• Exercise input:
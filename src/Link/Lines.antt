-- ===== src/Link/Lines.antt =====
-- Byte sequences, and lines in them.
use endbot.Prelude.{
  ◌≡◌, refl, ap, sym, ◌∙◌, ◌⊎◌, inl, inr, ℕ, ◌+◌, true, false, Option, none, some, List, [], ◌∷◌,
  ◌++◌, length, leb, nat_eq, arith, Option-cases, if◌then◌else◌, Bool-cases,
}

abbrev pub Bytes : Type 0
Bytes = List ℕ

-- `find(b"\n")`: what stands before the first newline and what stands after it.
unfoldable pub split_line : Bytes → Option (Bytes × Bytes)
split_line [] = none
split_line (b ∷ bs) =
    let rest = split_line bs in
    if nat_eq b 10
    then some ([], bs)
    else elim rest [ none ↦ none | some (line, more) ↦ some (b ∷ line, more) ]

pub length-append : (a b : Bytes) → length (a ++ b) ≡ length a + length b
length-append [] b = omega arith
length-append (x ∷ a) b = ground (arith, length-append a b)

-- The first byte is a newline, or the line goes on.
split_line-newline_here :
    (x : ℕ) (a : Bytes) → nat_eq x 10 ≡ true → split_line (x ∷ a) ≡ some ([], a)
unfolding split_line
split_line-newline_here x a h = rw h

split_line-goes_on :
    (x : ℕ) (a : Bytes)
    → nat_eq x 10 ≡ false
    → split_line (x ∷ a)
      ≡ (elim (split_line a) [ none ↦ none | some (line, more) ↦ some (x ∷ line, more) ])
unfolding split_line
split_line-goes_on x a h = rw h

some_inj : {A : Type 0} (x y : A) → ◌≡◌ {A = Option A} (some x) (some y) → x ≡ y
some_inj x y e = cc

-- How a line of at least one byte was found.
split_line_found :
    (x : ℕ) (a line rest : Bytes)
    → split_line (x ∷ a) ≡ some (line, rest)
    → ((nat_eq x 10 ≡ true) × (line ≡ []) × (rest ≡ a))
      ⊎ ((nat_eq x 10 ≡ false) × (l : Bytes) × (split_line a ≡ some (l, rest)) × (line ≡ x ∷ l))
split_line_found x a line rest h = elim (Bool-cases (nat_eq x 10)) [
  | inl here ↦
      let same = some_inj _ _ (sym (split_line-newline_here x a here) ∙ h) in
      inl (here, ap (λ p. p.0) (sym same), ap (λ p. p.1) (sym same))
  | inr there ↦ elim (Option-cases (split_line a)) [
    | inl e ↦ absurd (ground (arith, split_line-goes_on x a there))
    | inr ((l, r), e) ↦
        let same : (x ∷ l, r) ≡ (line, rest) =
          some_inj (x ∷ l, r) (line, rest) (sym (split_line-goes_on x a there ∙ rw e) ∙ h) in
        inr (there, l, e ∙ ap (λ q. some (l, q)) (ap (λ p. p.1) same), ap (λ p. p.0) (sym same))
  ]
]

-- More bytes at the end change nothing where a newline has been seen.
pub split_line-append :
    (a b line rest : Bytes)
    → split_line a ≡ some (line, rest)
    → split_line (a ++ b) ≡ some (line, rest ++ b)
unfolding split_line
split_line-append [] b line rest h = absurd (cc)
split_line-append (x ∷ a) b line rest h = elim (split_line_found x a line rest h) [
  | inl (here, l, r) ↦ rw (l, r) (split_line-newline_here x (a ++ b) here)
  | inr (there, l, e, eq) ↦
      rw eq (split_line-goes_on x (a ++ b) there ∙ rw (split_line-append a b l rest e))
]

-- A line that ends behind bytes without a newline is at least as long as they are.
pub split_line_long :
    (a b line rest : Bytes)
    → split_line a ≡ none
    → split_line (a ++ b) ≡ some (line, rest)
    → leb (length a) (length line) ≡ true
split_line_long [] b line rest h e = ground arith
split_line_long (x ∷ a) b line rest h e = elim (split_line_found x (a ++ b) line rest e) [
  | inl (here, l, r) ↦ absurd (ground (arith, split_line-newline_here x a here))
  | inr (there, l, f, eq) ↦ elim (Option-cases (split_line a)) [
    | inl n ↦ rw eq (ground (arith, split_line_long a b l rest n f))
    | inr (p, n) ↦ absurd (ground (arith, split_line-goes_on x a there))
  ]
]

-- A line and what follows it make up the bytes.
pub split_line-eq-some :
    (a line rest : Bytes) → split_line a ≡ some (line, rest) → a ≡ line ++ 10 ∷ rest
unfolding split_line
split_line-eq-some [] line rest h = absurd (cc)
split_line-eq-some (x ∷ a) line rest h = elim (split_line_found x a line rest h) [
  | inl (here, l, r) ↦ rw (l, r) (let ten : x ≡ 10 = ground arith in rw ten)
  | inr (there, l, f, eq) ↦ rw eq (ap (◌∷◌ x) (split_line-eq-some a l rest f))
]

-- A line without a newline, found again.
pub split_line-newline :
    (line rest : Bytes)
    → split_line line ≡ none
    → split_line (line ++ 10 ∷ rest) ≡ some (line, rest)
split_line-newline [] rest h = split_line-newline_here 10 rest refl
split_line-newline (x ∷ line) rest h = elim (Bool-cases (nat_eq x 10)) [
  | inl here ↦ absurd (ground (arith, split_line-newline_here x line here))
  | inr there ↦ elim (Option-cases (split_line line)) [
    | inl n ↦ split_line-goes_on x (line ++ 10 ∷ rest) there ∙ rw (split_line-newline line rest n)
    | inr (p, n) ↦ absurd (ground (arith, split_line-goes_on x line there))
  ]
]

==

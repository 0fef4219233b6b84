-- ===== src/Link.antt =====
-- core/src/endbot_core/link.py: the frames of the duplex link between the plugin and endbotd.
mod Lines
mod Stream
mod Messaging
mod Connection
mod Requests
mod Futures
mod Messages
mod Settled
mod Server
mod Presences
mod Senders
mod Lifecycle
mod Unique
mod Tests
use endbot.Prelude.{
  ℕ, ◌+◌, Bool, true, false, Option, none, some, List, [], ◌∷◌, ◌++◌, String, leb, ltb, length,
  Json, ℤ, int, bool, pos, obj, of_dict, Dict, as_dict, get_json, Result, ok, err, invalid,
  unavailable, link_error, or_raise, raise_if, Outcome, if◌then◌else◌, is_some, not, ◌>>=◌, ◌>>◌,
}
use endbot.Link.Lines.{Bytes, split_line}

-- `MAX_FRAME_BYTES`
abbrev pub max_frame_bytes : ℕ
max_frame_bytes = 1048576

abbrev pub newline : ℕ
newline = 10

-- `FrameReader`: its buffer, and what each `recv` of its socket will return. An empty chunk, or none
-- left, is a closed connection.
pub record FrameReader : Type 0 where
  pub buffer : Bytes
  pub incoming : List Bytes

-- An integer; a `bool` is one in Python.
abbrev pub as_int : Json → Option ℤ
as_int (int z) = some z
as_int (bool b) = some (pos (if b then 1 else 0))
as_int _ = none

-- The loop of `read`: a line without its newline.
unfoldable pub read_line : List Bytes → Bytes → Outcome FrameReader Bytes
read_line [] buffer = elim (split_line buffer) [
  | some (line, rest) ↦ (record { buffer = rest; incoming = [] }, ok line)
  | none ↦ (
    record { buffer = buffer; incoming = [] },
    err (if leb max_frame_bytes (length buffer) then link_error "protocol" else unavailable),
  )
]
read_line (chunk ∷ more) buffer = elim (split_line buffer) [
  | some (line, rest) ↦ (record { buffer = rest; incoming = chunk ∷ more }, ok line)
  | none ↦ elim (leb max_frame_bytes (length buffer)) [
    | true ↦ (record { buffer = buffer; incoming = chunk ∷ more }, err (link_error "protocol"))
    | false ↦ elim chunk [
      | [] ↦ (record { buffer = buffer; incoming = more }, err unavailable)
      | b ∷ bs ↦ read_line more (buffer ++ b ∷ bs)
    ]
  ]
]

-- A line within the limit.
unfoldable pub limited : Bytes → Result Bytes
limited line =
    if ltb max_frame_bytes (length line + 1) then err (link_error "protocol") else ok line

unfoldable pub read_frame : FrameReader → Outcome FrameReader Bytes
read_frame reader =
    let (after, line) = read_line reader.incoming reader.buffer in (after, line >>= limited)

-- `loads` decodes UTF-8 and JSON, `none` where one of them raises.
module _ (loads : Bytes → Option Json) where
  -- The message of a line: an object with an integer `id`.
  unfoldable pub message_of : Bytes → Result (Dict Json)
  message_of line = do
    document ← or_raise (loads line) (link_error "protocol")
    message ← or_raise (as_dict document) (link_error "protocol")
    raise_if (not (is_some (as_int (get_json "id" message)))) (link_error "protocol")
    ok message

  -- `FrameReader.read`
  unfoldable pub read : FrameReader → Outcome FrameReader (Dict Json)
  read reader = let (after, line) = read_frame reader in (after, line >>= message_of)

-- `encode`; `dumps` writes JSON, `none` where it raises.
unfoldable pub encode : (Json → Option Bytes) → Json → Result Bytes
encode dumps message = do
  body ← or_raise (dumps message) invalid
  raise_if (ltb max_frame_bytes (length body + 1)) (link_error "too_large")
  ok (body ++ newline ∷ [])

• Try it:
Find the word "dumps" in the entries. Copy each line that holds it.

• Response:
-- `encode`; `dumps` writes JSON, `none` where it raises.
encode dumps message = do
  body ← or_raise (dumps message) invalid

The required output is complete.